Bagikan:

JAKARTA - Jaksa Agung ST Burhanuddin kini jadi sorotan. Pernyataan dalam rapat kerja di Komisi III DPR ini menyoal korupsi di bawah Rp50 juta yang ingin diselesaikan Kejaksaan Agung dengan cepat lewat pengembalian uang negara.

Jaksa Agung memilih agar tersangka mengembalikan kerugian keuangan negara tersebut. Upaya tersebut menurut Jaksa Agung dilakukan sebagai bentuk pelaksanaan proses hukum secara cepat, sederhana, dan dengan biaya ringan.

"Untuk tindak pidana korupsi dengan kerugian keuangan negara di bawah Rp50 juta diselesaikan dengan cara pengembalian kerugian keuangan negara," kata Burhanuddin, Kamis, 27 Januari. 

Pernyataan Jaksa Agung direspons para pegiat antikorupsi tentu termasuk oleh KPK. KPK mengatakan berapa pun nilai uang negara yang dikorupsi harus ditangani oleh aparat penegak hukum. Bahkan, jika kerugian negaranya tidak mencapai Rp50 juta.

"Negara kita adalah negara hukum yang pembentuknya adalah DPR dan pemerintah. Selama hal tersebut tidak diatur dalam UU kita sebagai penegak hukum tidak bisa berkreasi membiarkan korupsi di bawah Rp50 juta," kata Wakil Ketua KPK Nurul Ghufron kepada wartawan dalam keterangan tertulisnya, Jumat, 28 Januari.

Ghufron memahami proses hukum memang harus mempertimbangkan anggaran dan manfaat, terutama untuk kasus korupsi dengan kerugian negara kecil. Dia juga mengamini jika biaya pengusutan satu kasus korupsi dari penyelidikan hingga pengadilan termasuk banding dan kasasi bisa lebih dari Rp50 juta.

“Aspek hukum bukan sekadar tentang kerugian negara namun juga aspek penjeraan dan sebagai pernyataan penghinaan terhadap perilaku tercela yang tidak melihat dari berapa pun kerugiannya," tegasnya.

Maling Kotak Amal Rp100 Ribu Dihukum 2 Tahun Penjara

Apa yang disampaikan Jaksa Agung soal penanganan perkara cepat dan berbiaya ringan dalam kasus korupsi tentu berbanding terbalik dengan yang terjadi di Medan, Sumatera Utara.

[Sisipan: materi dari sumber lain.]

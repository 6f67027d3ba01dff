-- ===== src/Postgres/Executions.antt =====
-- internal/store/postgres/execution.go
pub mod Laws
use shipinator.Common.{String, Option, none, some, List, [], ◌∷◌}
use shipinator.Errors.{Error, Result, ok}
use shipinator.Models.{Uuid, Time, Execution}
use shipinator.Stores.{ExecutionStore}
use shipinator.Effects.{Platform}
use shipinator.Postgres.{
  Value, uuid, text, time, nullable, Assignment, assign, coalesce, insert, update, Driver,
  scan_uuid, scan_text, scan_time, scan_nullable, mismatch, scan_all,
}
use shipinator.Postgres.{◌>>=◌}
use shipinator.Postgres.Helpers.{
  ensure_id, set_default_status, wrap_no_rows_by_id, exec_error, or_wrapped, affected_or_error,
  completed_at_for_status,
}

abbrev pub columns : List String
columns =
    "id" ∷ "job_step_id" ∷ "executor_type" ∷ "external_id" ∷ "status" ∷ "submitted_at"
    ∷ "completed_at" ∷ []

-- The arguments of the INSERT, in the order of its columns.
abbrev pub values : Execution → List Value
values r =
    uuid r.id
    ∷ uuid r.job_step_id
    ∷ text r.executor_type
    ∷ text r.external_id
    ∷ text r.status
    ∷ time r.submitted_at
    ∷ nullable time r.completed_at
    ∷ []

-- The targets of `Scan`, in the order of the columns.
abbrev pub scan : List Value → Result Execution
scan (v0 ∷ v1 ∷ v2 ∷ v3 ∷ v4 ∷ v5 ∷ v6 ∷ []) = do
  id ← scan_uuid v0
  job_step_id ← scan_uuid v1
  executor_type ← scan_text v2
  external_id ← scan_text v3
  status ← scan_text v4
  submitted_at ← scan_time v5
  completed_at ← scan_nullable scan_time v6
  ok (record {
    id = id;
    job_step_id = job_step_id;
    executor_type = executor_type;
    external_id = external_id;
    status = status;
    submitted_at = submitted_at;
    completed_at = completed_at;
  })
scan _ = mismatch

-- The record as `Create` leaves it, given `uuid.New()` and `time.Now()`.
unfoldable pub prepared : Uuid → Time → Execution → Execution
unfolding ensure_id set_default_status
prepared fresh now r = record r {
  id = ensure_id fresh r.id;
  status = set_default_status r.status "pending";
  submitted_at = now;
}

-- The SET clause of `UpdateStatus`.
unfoldable pub status_sets : Time → String → List (String × Assignment)
unfolding completed_at_for_status
status_sets now status =
    ("status", assign (text status))
    ∷ ("completed_at", coalesce (nullable time (completed_at_for_status status now)))
    ∷ []

module _ (p : Platform) (d : Driver) where
  open d use {Db, exec, query_row, query}

  -- The new state, the record as the caller then has it, and the error.
  unfoldable pub create : Uuid → Time → Execution → Db → Db × Execution × Option Error
  unfolding prepared
  create fresh now r db =
      let r' = prepared fresh now r in
      let (db', result) = exec (insert "executions" columns (values r')) db in
      (db', r', exec_error result)

  unfoldable pub get_by_id : Uuid → Db → Result Execution
  unfolding wrap_no_rows_by_id
  get_by_id id db = or_wrapped (wrap_no_rows_by_id p "execution" id) (
      query_row
        (record {
          columns = columns;
          table = "executions";
          rows = some ("id", uuid id);
          order = none;
        })
        db
      >>= scan)

  unfoldable pub list_by_job_step : Uuid → Db → Result (List Execution)
  unfolding scan_all
  list_by_job_step key db =
      query
        (record {
          columns = columns;
          table = "executions";
          rows = some ("job_step_id", uuid key);
          order = some "submitted_at";
        })
        db
      >>= scan_all scan

  -- `UpdateStatus`, with `time.Now()` as an argument.
  unfoldable pub update_status : Time → Uuid → String → Db → Db × Option Error
  unfolding affected_or_error status_sets
  update_status now id status db =
      let (db', result) = exec (update "executions" (status_sets now status) ("id", uuid id)) db in
      (db', affected_or_error p "execution" id result)

  abbrev pub new_execution_store : ExecutionStore Db
  new_execution_store = record {
    create = create;
    get_by_id = get_by_id;
    list_by_job_step = list_by_job_step;
    update_status = update_status;
  }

Majelis hakim Pengadilan Negeri (PN) Medan menjatuhkan hukuman 2 tahun penjara terhadap Muhammad Farid Fadillah. Dia terbukti bersalah dalam kasus pencurian kotak amal Masjid Jami, di Kota Medan dengan isi uang sebesar Rp100 ribu.

Dalam putusannya, hakim menyatakan Farid terbukti melanggar Pasal 363 ayat (1) Ke-4 KUHP. 

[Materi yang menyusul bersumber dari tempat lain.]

-- ===== src/Postgres/Artifacts.antt =====
-- internal/store/postgres/artifact.go
pub mod Laws
pub mod Lists
use shipinator.Common.{String, Option, none, some, List, [], ◌∷◌}
use shipinator.Errors.{Error, Result, ok}
use shipinator.Models.{Uuid, Time, Artifact}
use shipinator.Stores.{ArtifactStore}
use shipinator.Effects.{Platform}
use shipinator.Postgres.{
  Value, uuid, text, time, nullable, insert, Driver, scan_uuid, scan_text, scan_time, scan_nullable,
  mismatch, scan_all,
}
use shipinator.Postgres.{◌>>=◌}
use shipinator.Postgres.Helpers.{ensure_id, wrap_no_rows_by_id, exec_error, or_wrapped}

abbrev pub columns : List String
columns =
    "id" ∷ "job_id" ∷ "artifact_type" ∷ "storage_backend" ∷ "storage_path" ∷ "checksum"
    ∷ "created_at" ∷ []

-- The arguments of the INSERT, in the order of its columns.
abbrev pub values : Artifact → List Value
values r =
    uuid r.id
    ∷ uuid r.job_id
    ∷ text r.artifact_type
    ∷ text r.storage_backend
    ∷ text r.storage_path
    ∷ nullable text r.checksum
    ∷ time r.created_at
    ∷ []

-- The targets of `Scan`, in the order of the columns.
abbrev pub scan : List Value → Result Artifact
scan (v0 ∷ v1 ∷ v2 ∷ v3 ∷ v4 ∷ v5 ∷ v6 ∷ []) = do
  id ← scan_uuid v0
  job_id ← scan_uuid v1
  artifact_type ← scan_text v2
  storage_backend ← scan_text v3
  storage_path ← scan_text v4
  checksum ← scan_nullable scan_text v5
  created_at ← scan_time v6
  ok (record {
    id = id;
    job_id = job_id;
    artifact_type = artifact_type;
    storage_backend = storage_backend;
    storage_path = storage_path;
    checksum = checksum;
    created_at = created_at;
  })
scan _ = mismatch

-- The record as `Create` leaves it, given `uuid.New()` and `time.Now()`.
unfoldable pub prepared : Uuid → Time → Artifact → Artifact
unfolding ensure_id
prepared fresh now r = record r { id = ensure_id fresh r.id; created_at = now }

module _ (p : Platform) (d : Driver) where
  open d use {Db, exec, query_row, query}

  -- The new state, the record as the caller then has it, and the error.
  unfoldable pub create : Uuid → Time → Artifact → Db → Db × Artifact × Option Error
  unfolding prepared
  create fresh now r db =
      let r' = prepared fresh now r in
      let (db', result) = exec (insert "artifacts" columns (values r')) db in
      (db', r', exec_error result)

  unfoldable pub get_by_id : Uuid → Db → Result Artifact
  unfolding wrap_no_rows_by_id
  get_by_id id db = or_wrapped (wrap_no_rows_by_id p "artifact" id) (
      query_row
        (record {
          columns = columns;
          table = "artifacts";
          rows = some ("id", uuid id);
          order = none;
        })
        db
      >>= scan)

  unfoldable pub list_by_job : Uuid → Db → Result (List Artifact)
  unfolding scan_all
  list_by_job key db =
      query
        (record {
          columns = columns;
          table = "artifacts";
          rows = some ("job_id", uuid key);
          order = some "created_at";
        })
        db
      >>= scan_all scan

  abbrev pub new_artifact_store : ArtifactStore Db
  new_artifact_store = record { create = create; get_by_id = get_by_id; list_by_job = list_by_job }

Hakim menilai, perbuatan terdakwa sangat meresahkan masyarakat. Sedangkan hal yang meringankan, Farid mengakui dan menyesali perbuatannya.

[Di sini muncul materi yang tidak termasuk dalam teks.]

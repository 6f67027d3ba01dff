-- ===== src/Hosting.antt =====
-- The orchestrator over the Postgres stores: its calls of internal/store/store.go answered by the
-- methods of internal/store/postgres.
pub mod Frames
pub mod Rows
pub mod Kinds
pub mod Keeps
pub mod Lives
pub mod StepRows
pub mod JobRows
pub mod JobLives
pub mod RunJobs
pub mod StepFits
pub mod StepPools
pub mod StepLives
pub mod StepHolds
pub mod StepEnds
pub mod RunSteps
pub mod Deploys
pub mod Runs
use shipinator.Common.{◌≡◌, Option, none, some, List, [], ◌∷◌}
use shipinator.Errors.{Error, Result, ok, err}
use shipinator.Models.{Uuid, Time}
use shipinator.Stores.{PipelineRunStore, JobStore, JobStepStore, ExecutionStore, ArtifactStore}
use shipinator.Effects.{Platform, Call, Reply}
use shipinator.Effects.Logic.{Trace, event}
use shipinator.Postgres.{Driver}
use shipinator.Postgres.Helpers
use shipinator.Postgres.PipelineRuns
use shipinator.Postgres.Jobs
use shipinator.Postgres.JobSteps
use shipinator.Postgres.Executions
use shipinator.Postgres.Artifacts

-- What the caller of a `Create` has: the ID that it left in the record, or the error.
abbrev pub id_or_error : Uuid → Option Error → Result Uuid
id_or_error id none = ok id
id_or_error id (some e) = err e

-- The stores that `New` of the orchestrator takes.
pub record Stores (Db : Type 0) : Type 0 where
  pub runs : PipelineRunStore Db
  pub jobs : JobStore Db
  pub steps : JobStepStore Db
  pub executions : ExecutionStore Db
  pub artifacts : ArtifactStore Db

-- Those of internal/store/postgres on one pool.
abbrev pub postgres_stores : Platform → (d : Driver) → Stores d.Db
postgres_stores p d = record {
  runs = PipelineRuns.new_pipeline_run_store p d;
  jobs = Jobs.new_job_store p d;
  steps = JobSteps.new_job_step_store p d;
  executions = Executions.new_execution_store p d;
  artifacts = Artifacts.new_artifact_store p d;
}

-- `r` is the answer of the store to `c` in `db`, which becomes `db'`, for some instant and some
-- fresh ID. A call that is not of a store leaves the database.
abbrev pub Answers : {Db : Type 0} → Stores Db → (c : Call) → Reply c → Db → Db → Type 0
Answers stores (Call.run_update_status _ id s) r db db' =
    (now : Time) × (stores.runs.update_status now id s db ≡ (db', r))
Answers stores (Call.job_create _ j) r db db' =
    (fresh : Uuid) × (now : Time) × let x = stores.jobs.create fresh now j db in
      (db' ≡ x.0) × (r ≡ id_or_error x.1.id x.2)
Answers stores (Call.job_update_status _ id s) r db db' =
    (now : Time) × (stores.jobs.update_status now id s db ≡ (db', r))
Answers stores (Call.step_create _ s) r db db' =
    (fresh : Uuid) × (now : Time) × let x = stores.steps.create fresh now s db in
      (db' ≡ x.0) × (r ≡ id_or_error x.1.id x.2)
Answers stores (Call.step_update_status _ id s) r db db' =
    (now : Time) × (stores.steps.update_status now id s db ≡ (db', r))
Answers stores (Call.execution_create _ e) r db db' =
    (fresh : Uuid) × (now : Time) × let x = stores.executions.create fresh now e db in
      (db' ≡ x.0) × (r ≡ id_or_error x.1.id x.2)
Answers stores (Call.execution_update_status _ id s) r db db' =
    (now : Time) × (stores.executions.update_status now id s db ≡ (db', r))
Answers stores (Call.artifact_create _ a) r db db' =
    (fresh : Uuid) × (now : Time) × let x = stores.artifacts.create fresh now a db in
      (db' ≡ x.0) × (r ≡ x.2)
Answers stores (Call.artifact_list_by_job _ id) r db db' =
    (db' ≡ db) × (r ≡ stores.artifacts.list_by_job id db)
Answers stores _ r db db' = db' ≡ db

-- The calls of a trace, answered in turn by the stores from one state of the database to another.
-- Between two of them other clients may do what `Elsewhere` allows.
abbrev pub Hosted : Platform → (d : Driver) → (d.Db → d.Db → Type 0) → Trace → d.Db → d.Db → Type 0
Hosted p d Elsewhere [] db db' = Elsewhere db db'
Hosted p d Elsewhere (event c r ∷ t) db db' =
    (before after : d.Db) × Elsewhere db before
    × Answers (postgres_stores p d) c r before after
    × Hosted p d Elsewhere t after db'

Menjatuhkan terdakwa Muhammad Farid Fadillah dengan pidana penjara selama 2 tahun," ujar Majelis hakim yang diketuai Dominggus Silaban dalam persidangan yang digelar Selasa, 25 Januari. 

Vonis hakim ini lebih ringan dari tuntutan jaksa penuntut umum (JPU), yang menuntut terdakwa 3 tahun penjara. Atas keputusan ini, terdakwa dan jaksa penuntut umum menyatakan pikir-pikir.

Kasus pencurian ini terjadi terjadi pada, Selasa 14 September 2021 pukul 03.30 WIB. Saat itu terdakwa bersama temannya yaitu Fauzan Raditya Ritonga (penuntutan terpisah), berjalan kaki di sekitar Jalan Sentosa Lama dan pergi ke Mesjid Jami.

Di sana,  Fauzan meminta terdakwa menunggu di sekitar masjid. Lalu Fauzan masuk ke dalam, mengambil uang di dalam kontak infaq masjid.

Usai melancarkan aksinya, Fauzan menemui terdakwa lalu pergi ke warung internet. Dalam perjalanan Fauzan membagi hasil curian kepada terdakwa.

Ternyata aksi mereka terendus warga. Saat keduanya bermain internet, tiba-tiba warga datang menangkap mereka. 

Selanjutnya mereka dibawa ke Polsek Medan Timur. Dari hasil pemeriksaan ternyata total uang yang mereka ambil sebesar Rp100 ribu.